YAP-TEAD interaction inhibitors decrease YAP nuclear localization and cell velocity.
With the objective to investigate the biological effects of different Inventiva™-supplied YAP/TEAD interaction inhibitors compounds, immunofluorescence assays were performed to calculate the intensity ratio between YAP nucleus and cytoplasm staining. These tests were carried out using A549, H2052 and Met5A cell lines, grown at low to moderate density, to avoid any mechano-transduction effect potentially leading to YAP nucleus exit in the event of high cell density (Fig. 1). Following treatment, this ratio was significantly lowered in the A549 and H2052 cells, namely two cell lines previously reported to have increased basal YAP activity, owing to STK11 mutation and RASSF1A methylation for the former (15, 16), and NF2 and LATS2 mutation for the latter (20). The effect was particularly marked following IV#6 (p < 0.0001, n = 3, Student t-test) (Fig. 1, upper and middle panel). Conversely, the ratios observed in the Met5A cell line did not support any IV#6 effect in such immortalized, non-tumorigenic cells, without known alteration in the Hippo/YAP pathway (Fig. 1, lower panel).
Thereafter, we analyzed the migration speed of A549 and H2052 cells in the presence of two YAP/TEAD interaction inhibitors IV#5 and IV#6 at increasing concentrations (Fig. 2). These treatments significantly and dose-dependently decreased the 2D cell velocity. Representative images of the wound healing assay were taken at 0 and 48 hours after cell- free gap creating (Fig. 2), and the velocity (µm/h) was calculated using Avemap™ software, which determines cell velocity, using an image correlation method, without being influenced by cell proliferation (23).

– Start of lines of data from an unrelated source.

-- ===== src/Identity/Subject.antt =====
-- internal/domain/identity/user.go and errors.go: the authenticated caller and its permissions.
use aurora_old.Base.{
  String, ◌==◌, eq_iff, Bool, true, false, ◌||◌, List, [], ◌∷◌, if◌then◌else◌, ◌≡◌, refl, arith,
  Bool-cases, inl, inr, sym, ◌⊎◌,
}
use mathlib.Core.List.{Memᴰ}

pub data IdentityError : Type 0 where
  invalid_credentials account_disabled user_not_found username_exists email_exists : IdentityError
  token_expired token_invalid refresh_token_invalid refresh_token_revoked : IdentityError
  refresh_token_reused totp_required totp_invalid totp_already_enabled : IdentityError
  totp_not_enabled api_key_invalid api_key_expired api_key_revoked : IdentityError
  api_key_not_found role_not_found permission_not_found insufficient_permission : IdentityError
  resource_forbidden unauthorized : IdentityError

pub record Subject : Type 0 where
  pub type_name : String
  pub id : String
  pub user_id : String
  pub username : String
  pub email : String
  pub roles : List String
  pub permissions : List String
  pub scopes : List String

pub record Resource : Type 0 where
  pub type_name : String
  pub id : String
  pub owner_id : String
  pub location_id : String

-- `HasRole`: the loop over the roles.
unfoldable pub has_name : String → List String → Bool
has_name role [] = false
has_name role (r ∷ roles) = if r == role then true else has_name role roles

unfoldable pub has_role : Subject → String → Bool
has_role s role = has_name role s.roles

unfoldable pub is_superadmin : Subject → Bool
unfolding has_role
is_superadmin s = has_role s "superadmin"

-- The loop over the scopes: one that is the code or the wildcard.
unfoldable pub has_scope : String → List String → Bool
has_scope code [] = false
has_scope code (sc ∷ scopes) = if sc == code || sc == "*" then true else has_scope code scopes

-- The loop over the permissions: the first that fits decides, and asks the scopes if there are any.
unfoldable pub scan_permissions : String → List String → List String → Bool
scan_permissions code scopes [] = false
scan_permissions code scopes (p ∷ ps) =
    if p == code || p == "*"
    then elim scopes [ [] ↦ true | sc ∷ rest ↦ has_scope code (sc ∷ rest) ]
    else scan_permissions code scopes ps

unfoldable pub has_permission : Subject → String → Bool
has_permission s code =
    if has_name "superadmin" s.roles then true else scan_permissions code s.scopes s.permissions

-- The loops decide membership.
pub has_name-of_mem : (x : String) (xs : List String) → Memᴰ x xs → has_name x xs ≡ true
unfolding has_name
has_name-of_mem x [] m = elim m [ ]
has_name-of_mem x (y ∷ xs) (Memᴰ.head e) = ground (arith, eq_iff y x)
has_name-of_mem x (y ∷ xs) (Memᴰ.tail m) = ground (arith, has_name-of_mem x xs m)

pub mem_of_has_name : (x : String) (xs : List String) → has_name x xs ≡ true → Memᴰ x xs
unfolding has_name
mem_of_has_name x [] h = cc
mem_of_has_name x (y ∷ xs) h = elim (Bool-cases (y == x)) [
  | inl e ↦ Memᴰ.head (sym ((eq_iff y x).0 e))
  | inr e ↦ Memᴰ.tail (mem_of_has_name x xs (rw e at h))
]

-- A list grants a code that it holds, or everything by the wildcard.
abbrev pub Grants : List String → String → Type 0
Grants xs code = Memᴰ code xs ⊎ Memᴰ "*" xs

pub has_scope-of_Grants :
    (code : String) (xs : List String) → Grants xs code → has_scope code xs ≡ true
unfolding has_scope
has_scope-of_Grants code [] (inl m) = elim m [ ]
has_scope-of_Grants code [] (inr m) = elim m [ ]
has_scope-of_Grants code (y ∷ xs) (inl (Memᴰ.head e)) = ground (arith, eq_iff y code)
has_scope-of_Grants code (y ∷ xs) (inr (Memᴰ.head e)) = ground (arith, eq_iff y "*")
has_scope-of_Grants code (y ∷ xs) (inl (Memᴰ.tail m)) =
    ground (arith, has_scope-of_Grants code xs (inl m))
has_scope-of_Grants code (y ∷ xs) (inr (Memᴰ.tail m)) =
    ground (arith, has_scope-of_Grants code xs (inr m))

pub Grants-tail : (y code : String) (xs : List String) → Grants xs code → Grants (y ∷ xs) code
Grants-tail y code xs (inl m) = inl (Memᴰ.tail m)
Grants-tail y code xs (inr m) = inr (Memᴰ.tail m)

pub Grants-head :
    (y code : String) (xs : List String) → (y == code || y == "*") ≡ true → Grants (y ∷ xs) code
Grants-head y code xs h = elim (Bool-cases (y == code)) [
  | inl e ↦ inl (Memᴰ.head (sym ((eq_iff y code).0 e)))
  | inr e ↦ inr (Memᴰ.head (sym ((eq_iff y "*").0 (rw e at h))))
]

pub Grants-of_has_scope :
    (code : String) (xs : List String) → has_scope code xs ≡ true → Grants xs code
unfolding has_scope
Grants-of_has_scope code [] h = cc
Grants-of_has_scope code (y ∷ xs) h = elim (Bool-cases (y == code || y == "*")) [
  | inl e ↦ Grants-head y code xs e
  | inr e ↦ Grants-tail y code xs (Grants-of_has_scope code xs (rw e at h))
]

-- The loop over the permissions with no scopes is the loop over a list of scopes.
abbrev pub scopes_allow : String → List String → Bool
scopes_allow code [] = true
scopes_allow code (sc ∷ rest) = has_scope code (sc ∷ rest)

pub scan_permissions_lem :
    (code : String) (scopes ps : List String)
    → scan_permissions code scopes ps
      ≡ (if has_scope code ps then scopes_allow code scopes else false)
unfolding scan_permissions has_scope
scan_permissions_lem code scopes [] = refl
scan_permissions_lem code [] (p ∷ ps) = ground (arith, scan_permissions_lem code [] ps)
scan_permissions_lem code (sc ∷ rest) (p ∷ ps) =
    ground (arith, scan_permissions_lem code (sc ∷ rest) ps)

The 20µM dose was likely the most efficient dose, resulting in significantly decreased cell migration (p < 0.0001, n = 3, Student t-test), without any cell toxicity. Accordingly, all other Inventiva™ YAP-TEAD interaction inhibitors reduced cell velocity of both cell lines at 20µM either (Suppl. Figure 1), although their effect was more pronounced in H2052 cells, suggesting a higher YAP inhibition susceptibility in these cells, as compared with A549 cells.
YAP-TEAD interaction inhibitors partly revert epithelial to mesenchymal (EMT) transition induced by TGF-β in A549 lung cancer cells.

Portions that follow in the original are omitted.